We vacate the judgment of the Superior Court. The case is remanded for the entry of a judgment affirming the decision of the MCAD and reinstating the hearing commissioner’s award of prejudgment interest.
So ordered.
The complainants did not challenge the Trustees’ selection of employees laid off, just the manner in which the layoffs were implemented.
We acknowledge the amicus curiae brief filed by the American Civil Liberties Union of Massachusetts; Black Women Attorneys, Massachusetts Chapter; Greater Boston Civil Rights Coalition; Jewish Alliance for Law and Social Action; Lawyers’ Committee for Civil Rights Under Law of the Boston Bar Association; Massachusetts Lesbian and Gay Bar Association; National Employment Lawyers’ Association, Massachusetts Chapter; and National Lawyers Guild, Massachusetts Chapter.
The record reveals that, pursuant to the terms of the collective bargaining agreement that covered four of the complainants, the Trustees opted to provide employees with five days’ pay in lieu of giving them fourteen days’ advance notice of the layoffs.
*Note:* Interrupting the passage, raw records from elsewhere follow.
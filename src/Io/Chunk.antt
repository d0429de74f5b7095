-- ===== src/Io/Chunk.antt =====
-- The arithmetic of a chunk of the loop of `do_io` in src/ugds_io.cpp: its blocks and its pages.
use u_gds.Prelude.{
  ℕ, ◌+◌, ◌-◌, ◌*◌, ◌/◌, ◌%◌, ◌≤◌, ◌<◌, ◌≡◌, refl, ◌∙◌, ap, Bool-cases, ◌⊎◌, inl, inr, arith, min,
  ltb, u16_mod, div_mod_parts, mod_bound,
}
use native.Mathlib.Nat.{
  mul-div_left, le_of_mul-le-mul_right, lt_of_mul-lt-mul_right, mul-le-mul_right, div-mul-le_self,
  le-div_iff_mul-le, mod-eq_of_lt,
}
use u_gds.Io.Types.{Request}
use u_gds.Io.Loop.{chunk_of, pages_of}
use u_gds.Io.Coverage.{ceil_div}
use u_gds.Io.Request.{IsRequest}

-- The number of pages is the least that holds the bytes.
ceil_div-holds : (c d : ℕ) → 0 < d → c ≤ ceil_div c d * d
ceil_div-holds c d h = omega (arith, div_mod_parts (c + d - 1) d, mod_bound (c + d - 1) d h)

ceil_div-least : (c d q : ℕ) → 0 < d → c ≤ q * d → ceil_div c d ≤ q
ceil_div-least c d q h e =
    let under : ceil_div c d * d < (q + 1) * d = omega (arith, div-mul-le_self (c + d - 1) d) in
    omega (arith, lt_of_mul-lt-mul_right d under)

ceil_div-pos : (c d : ℕ) → 0 < d → 0 < c → 0 < ceil_div c d
ceil_div-pos c d h p = lt_of_mul-lt-mul_right d (omega (arith, ceil_div-holds c d h))

-- a whole number of pages
ceil_div-whole : (c d : ℕ) → 0 < d → c % d ≡ 0 → ceil_div c d * d ≡ c
ceil_div-whole c d h e =
    let exact : c ≡ c / d * d = omega (arith, div_mod_parts c d) in
    let up : ceil_div c d * d ≤ c / d * d =
      mul-le-mul_right d (ceil_div-least c d (c / d) h (omega arith)) in
    omega (arith, ceil_div-holds c d h)

difference : (p q : ℕ) → p ≤ q → (k : ℕ) × (q ≡ p + k)
difference p q h = (q - p, omega arith)

ℕ_order : (a b : ℕ) → (a ≤ b) ⊎ (b < a)
ℕ_order a b = elim (Bool-cases (ltb b a)) [
  | inl h ↦ inr (ground arith)
  | inr h ↦ inl (ground arith)
]

-- p pages and those of a chunk behind them are among the pages of what holds both
ceil_div-add : (c d p s : ℕ) → 0 < d → 0 < c → p * d + c ≤ s → p + ceil_div c d ≤ ceil_div s d
ceil_div-add c d p s h pos e =
    let q : ℕ = ceil_div s d in
    let holds : s ≤ q * d = ceil_div-holds s d h in
    let low : p ≤ q = le_of_mul-le-mul_right (omega arith) h in
    let (k, parts) = difference p q low in
    let all : q * d ≡ (p + k) * d = ap (λ j. j * d) parts in
    let rest : c ≤ k * d = omega arith in omega (arith, ceil_div-least c d k h rest)

-- The chunk at block k of the request, which starts p pages into the buffer: its blocks n and its
-- pages, and where the next one starts.
pub record FitsRound (r : Request) (k p n pages : ℕ) : Type 0 where
  pub chunk_eq : chunk_of r (k * r.block_size) ≡ n * r.block_size
  pub blocks_eq : n * r.block_size / r.block_size ≡ n
  pub counted : pages_of r.page_size (n * r.block_size) ≡ pages
  pub pages_eq : ceil_div (n * r.block_size) r.page_size ≡ pages
  pub n_pos : 0 < n
  pub n_in : n ≤ u16_mod
  pub limit : n * r.block_size ≤ r.max_xfer
  pub pages_pos : 0 < pages
  pub pages_fit : pages ≤ r.prp_capacity + 1
  pub pages_in : p + pages ≤ ceil_div r.size r.page_size
  pub moves : 0 < n * r.block_size
  pub inside : (k + n) * r.block_size ≤ r.size
  pub next : (k + n) * r.block_size < r.size → (k + n) * r.block_size ≡ (p + pages) * r.page_size

module _ (r : Request) (lba0 page0 : ℕ) (v : IsRequest r lba0 page0) (k p : ℕ)
    (left : k * r.block_size < r.size) (aligned : k * r.block_size ≡ p * r.page_size) where
  bytes : ℕ
  bytes = min (r.size - k * r.block_size) r.max_xfer

  blocks : ℕ
  blocks = bytes / r.block_size

  whole_size : r.size / r.block_size * r.block_size ≡ r.size
  whole_size = omega (arith, div_mod_parts r.size r.block_size, v.whole)

  one-left : r.block_size ≤ r.size - k * r.block_size
  one-left =
      let more : k < r.size / r.block_size =
        lt_of_mul-lt-mul_right r.block_size (omega (arith, whole_size, left)) in
      let up : (k + 1) * r.block_size ≤ r.size / r.block_size * r.block_size =
        mul-le-mul_right r.block_size (omega arith) in
      omega (arith, whole_size)

  blocks_pos : 0 < blocks
  unfolding blocks bytes
  blocks_pos = (le-div_iff_mul-le v.block_pos).1 (ground (arith, one-left, v.chunk_pos))

  blocks_limit : blocks * r.block_size ≤ bytes
  unfolding blocks
  blocks_limit = div-mul-le_self bytes r.block_size

  bytes_max : bytes ≤ r.max_xfer
  unfolding bytes
  bytes_max = ground arith

  blocks_in : blocks ≤ u16_mod
  blocks_in =
      le_of_mul-le-mul_right (omega (arith, blocks_limit, bytes_max, v.count_fits)) v.block_pos

  blocks_inside : (k + blocks) * r.block_size ≤ r.size
  unfolding bytes
  blocks_inside =
      let below : bytes ≤ r.size - k * r.block_size = ground arith in
      omega (arith, blocks_limit, below, left)

  moving : 0 < blocks * r.block_size
  moving = omega (arith, mul-le-mul_right r.block_size blocks_pos, v.block_pos)

  pages : ℕ
  pages = ceil_div (blocks * r.block_size) r.page_size

  counting : pages_of r.page_size (blocks * r.block_size) ≡ pages
  unfolding pages
  counting =
      ap (λ c. c / r.page_size) (mod-eq_of_lt (omega (arith, blocks_inside, v.no_wrap, moving)))

  pages_eq_lem : ceil_div (blocks * r.block_size) r.page_size ≡ pages
  unfolding pages
  pages_eq_lem = refl

  pages_positive : 0 < pages
  unfolding pages
  pages_positive = ceil_div-pos (blocks * r.block_size) r.page_size v.page_pos moving

  pages_few : pages ≤ r.prp_capacity + 1
  unfolding pages
  pages_few =
      ceil_div-least (blocks * r.block_size) r.page_size (r.prp_capacity + 1) v.page_pos
        (omega (arith, blocks_limit, bytes_max, v.prp_fits))

  pages_inside : p + pages ≤ ceil_div r.size r.page_size
  unfolding pages
  pages_inside =
      ceil_div-add (blocks * r.block_size) r.page_size p r.size v.page_pos moving
        (omega (arith, blocks_inside, aligned))

  -- The last chunk is all that is left.
  last_blocks : r.size - k * r.block_size ≤ r.max_xfer → (k + blocks) * r.block_size ≡ r.size
  unfolding blocks bytes
  last_blocks small =
      let below : k ≤ r.size / r.block_size =
        le_of_mul-le-mul_right (omega (arith, whole_size, left)) v.block_pos in
      let (t, parts) = difference k (r.size / r.block_size) below in
      let all : r.size / r.block_size * r.block_size ≡ (k + t) * r.block_size =
        ap (λ j. j * r.block_size) parts in
      let these : bytes ≡ t * r.block_size = ground (arith, whole_size) in
      let count : blocks ≡ t = ap (λ j. j / r.block_size) these ∙ mul-div_left t v.block_pos in
      ap (λ j. (k + j) * r.block_size) count ∙ omega (arith, whole_size)

  -- A chunk that is not the last is as large as a chunk can be, which is whole pages.
  next_aligned :
      (k + blocks) * r.block_size < r.size → (k + blocks) * r.block_size ≡ (p + pages) * r.page_size
  unfolding blocks bytes pages
  next_aligned more = elim (ℕ_order (r.size - k * r.block_size) r.max_xfer) [
    | inl small ↦ absurd (omega (arith, last_blocks small))
    | inr large ↦
        let most : bytes ≡ r.max_xfer = ground arith in
        let even : blocks * r.block_size % r.page_size ≡ 0 =
          ap (λ j. j / r.block_size * r.block_size % r.page_size) most ∙ v.chunk_pages in
        let exact : pages * r.page_size ≡ blocks * r.block_size =
          ceil_div-whole (blocks * r.block_size) r.page_size v.page_pos even in
        omega (arith, aligned)
  ]

  -- The chunk at hand is such a chunk.
  pub chunk_of-FitsRound : (n : ℕ) × (c : ℕ) × FitsRound r k p n c
  unfolding blocks bytes
  chunk_of-FitsRound = (
    blocks,
    pages,
    record {
      chunk_eq = refl;
      blocks_eq = mul-div_left blocks v.block_pos;
      counted = counting;
      pages_eq = pages_eq_lem;
      n_pos = blocks_pos;
      n_in = blocks_in;
      limit = omega (arith, blocks_limit, bytes_max);
      pages_pos = pages_positive;
      pages_fit = pages_few;
      pages_in = pages_inside;
      moves = moving;
      inside = blocks_inside;
      next = next_aligned;
    },
  )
The record shows that one such employee, Alicia Hill, was a secretary who worked in the central office. She is of Venezuelan ancestry, and she was not monitored as she gathered her belongings. Another was a city of Boston employee assigned to the Trustees.
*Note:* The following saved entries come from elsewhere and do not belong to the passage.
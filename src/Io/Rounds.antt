-- ===== src/Io/Rounds.antt =====
-- The loop of `do_io` as a whole: its end, and the commands sent until then.
use u_gds.Prelude.{
  ℕ, zero, suc, ◌+◌, ◌-◌, ◌*◌, ◌≤◌, ◌<◌, ◌≡◌, refl, ◌∙◌, ap, false, Bool-cases, inl, inr, arith,
  List, ◌∷◌, [], ◌++◌, ltb, ◌==◌, u64_mod, ℤ, neg,
}
use native.Mathlib.Nat.{mul-le-mul_left}
use u_gds.Queue.{Mem}
use u_gds.Command.Fields.{field_blocks}
use u_gds.Io.Types.{eio, Sent, Progress, Request}
use u_gds.Io.Loop.{io_loop}
use u_gds.Io.Ends
use u_gds.Io.Ends.{Ends, goes, stops}
use u_gds.Io.Slots.{IsReady}
use u_gds.Io.Coverage.{ceil_div, sent_pages, Tiles, Tiles-snoc}
use u_gds.Io.Request.{IsRequest, SentOne, RoundFails, transfer-Ends}
use u_gds.Io.Chunk.{FitsRound, chunk_of-FitsRound}

module _ (r : Request) (lba0 page0 : ℕ) where
  -- Every byte of the request is transferred, by commands that tile it.
  abbrev pub AllSent : ℕ → Progress → Type 0
  AllSent bytes s =
      (bytes ≡ r.size)
      × ((blocks : ℕ) × (page' : ℕ) × (blocks * r.block_size ≡ r.size)
          × Tiles r lba0 page0 lba0 page0 s.sent (lba0 + blocks) page')

  -- The request ends with -EIO, and the commands sent tile a part of it from its start on.
  abbrev pub PartSent : ℤ → Progress → Type 0
  PartSent result s =
      (result ≡ neg eio)
      × ((blocks : ℕ) × (page' : ℕ) × (blocks * r.block_size ≤ r.size)
          × Tiles r lba0 page0 lba0 page0 s.sent (lba0 + blocks) page')

  moved :
      (xs ys : List Sent) (a a' b b' : ℕ)
      → ys ≡ xs
      → a ≡ a'
      → b ≡ b'
      → Tiles r lba0 page0 lba0 page0 xs a b
      → Tiles r lba0 page0 lba0 page0 ys a' b'
  moved xs ys a a' b b' e f g t = rw (e, ← f, ← g) t

  -- where the loop is: k blocks and p pages are done
  pub record Reached (k p : ℕ) (s : Progress) : Type 0 where
    pub ready : IsReady s.sq
    pub tiles : Tiles r lba0 page0 lba0 page0 s.sent (lba0 + k) (page0 + p)
    pub inside : k * r.block_size ≤ r.size
    pub aligned : k * r.block_size < r.size → k * r.block_size ≡ p * r.page_size

  module _ (v : IsRequest r lba0 page0) (k p n c : ℕ) (chunk : FitsRound r k p n c)
      (left : k * r.block_size < r.size) (s : Progress) (at : Reached k p s) where
    extended :
        (s' : Progress)
        → SentOne r (lba0 + k) (page0 + p) n s.sent s'
        → Tiles r lba0 page0 lba0 page0 s'.sent (lba0 + (k + n)) (page0 + (p + c))
    extended s' one =
        let here : (lba0 + k - lba0) * r.block_size ≡ (page0 + p - page0) * r.page_size =
          ap (λ j. j * r.block_size) (omega arith)
          ∙ at.aligned left
          ∙ ap (λ j. j * r.page_size) (omega arith) in
        let counted : sent_pages r one.0 ≡ c =
          ap (λ j. ceil_div (j * r.block_size) r.page_size) one.3 ∙ chunk.pages_eq in
        moved (s.sent ++ (one.0 ∷ [])) s'.sent (lba0 + k + field_blocks one.0.cmd) (lba0 + (k + n))
          (page0 + p + sent_pages r one.0) (page0 + (p + c)) one.1 (omega (arith, one.3))
          (omega (arith, counted))
          (Tiles-snoc r lba0 page0 s.sent one.0 lba0 page0 (lba0 + k) (page0 + p) at.tiles one.2
            here)

    advanced :
        (s' : Progress)
        → IsReady s'.sq
        → SentOne r (lba0 + k) (page0 + p) n s.sent s'
        → Reached (k + n) (p + c) s'
    advanced s' ready one = record {
      ready = ready;
      tiles = extended s' one;
      inside = chunk.inside;
      aligned = chunk.next;
    }

    failed :
        (result : ℤ) (s' : Progress)
        → RoundFails r (lba0 + k) (page0 + p) n s.sent result s'
        → PartSent result s'
    failed result s' (e, inl same) = (e, (k, page0 + p, at.inside, rw same at.tiles))
    failed result s' (e, inr one) = (e, (k + n, page0 + (p + c), chunk.inside, extended s' one))

  add_bytes : (k n : ℕ) → k * r.block_size + n * r.block_size ≡ (k + n) * r.block_size
  add_bytes k n = omega arith

  add_assoc : (a b c : ℕ) → a + (b + c) ≡ a + b + c
  add_assoc a b c = omega arith

  -- With more fuel than bytes left, the loop ends: with all sent, or with a part and -EIO.
  rounds-Ends :
      (v : IsRequest r lba0 page0) (fuel k p : ℕ) (mems : ℕ → Mem) (s : Progress)
      → r.size < fuel + k * r.block_size
      → Reached k p s
      → Ends AllSent PartSent (io_loop fuel r mems (k * r.block_size) (lba0 + k) (page0 + p) s)
  unfolding io_loop
  rounds-Ends v zero k p mems s enough at = absurd (omega (arith, at.inside))
  rounds-Ends v (suc fuel) k p mems s enough at =
      elim (Bool-cases (ltb (k * r.block_size) r.size)) [
        | inr done ↦
            let whole : k * r.block_size ≡ r.size = ground (arith, at.inside) in
            rw done (goes (whole, (k, page0 + p, whole, at.tiles)))
        | inl more ↦
            let left : k * r.block_size < r.size = ground arith in
            let (n, c, chunk) = chunk_of-FitsRound r lba0 page0 v k p left (at.aligned left) in
            let some_pages : (c == 0) ≡ false = ground (arith, chunk.pages_pos) in
            let some_bytes : (n * r.block_size == 0) ≡ false = ground (arith, chunk.moves) in
            let lba_in : lba0 + k < u64_mod =
              omega (arith, mul-le-mul_left k v.block_pos, v.lba_in, left) in
            rw (more, chunk.chunk_eq, chunk.blocks_eq, chunk.counted, some_pages, some_bytes)
              (Ends.bind
                (Ends.mono
                  (transfer-Ends r (lba0 + k) (page0 + p) n c chunk.pages_eq chunk.n_pos chunk.n_in
                    chunk.limit v.opcode_in v.prp_in v.addrs_in lba_in chunk.pages_pos
                    chunk.pages_fit (omega (arith, chunk.pages_in, v.buffer)) mems s at.ready)
                  (λ _ s' q. q) (λ e s' q. failed v k p n c chunk left s at e s' q))
                λ _ s' (ready, one).
                  rw (add_bytes k n, ← add_assoc lba0 k n, ← add_assoc page0 p c)
                    (rounds-Ends v fuel (k + n) (p + c) mems s' (omega (arith, chunk.moves, enough))
                      (advanced v k p n c chunk left s at s' ready one)))
      ]

  module _ (v : IsRequest r lba0 page0) (mems : ℕ → Mem) (s : Progress) (ready : IsReady s.sq)
      (fresh : s.sent ≡ []) where
    started :
        (bytes lba page : ℕ)
        → bytes ≡ 0 * r.block_size
        → lba ≡ lba0 + 0
        → page ≡ page0 + 0
        → Ends AllSent PartSent (io_loop (r.size + 1) r mems bytes lba page s)
    started bytes lba page e f g =
        rw (e, f, g)
          (rounds-Ends v (r.size + 1) 0 0 mems s (omega arith) (record {
            ready = ready;
            tiles =
                moved [] s.sent lba0 (lba0 + 0) page0 (page0 + 0) fresh (omega arith) (omega arith)
                  (refl, refl);
            inside = omega arith;
            aligned = λ _. omega arith;
          }))

    -- The loop of a request ends, from its start on.
    pub io_loop-Ends : Ends AllSent PartSent (io_loop (r.size + 1) r mems 0 lba0 page0 s)
    io_loop-Ends = started 0 lba0 page0 (omega arith) (omega arith) (omega arith)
General Laws c. 151B, § 4, as amended through St. 1989, c. 516, § 4, in effect during July, 1994, stated:
“It shall be an unlawful practice:
“1. For an employer, by himself or his agent, because of the race, color, religious creed, national origin, sex, sexual orientation, which shall not include persons whose sexual orientation involves minor children as the sex object, or ancestry of any individual to refuse to hire or employ or to bar or to discharge from employment such individual or to discriminate against such individual in compensation or in terms, conditions or privileges of employment, unless based upon a bona fide occupational qualification.”
The third element is the focus of this appeal.
For example, had there been evidence of an employee’s illness, death of an employee’s close family member, or an emergency arising at the workplace at the time of the layoffs that might support differential treatment, such factors could have been considered.
See note 5, supra. The hearing commissioner found that Hill was not similarly situated to the complainants because she worked at a different location. The judge in the Superior Court acknowledged as much, then focused his attention on Navin.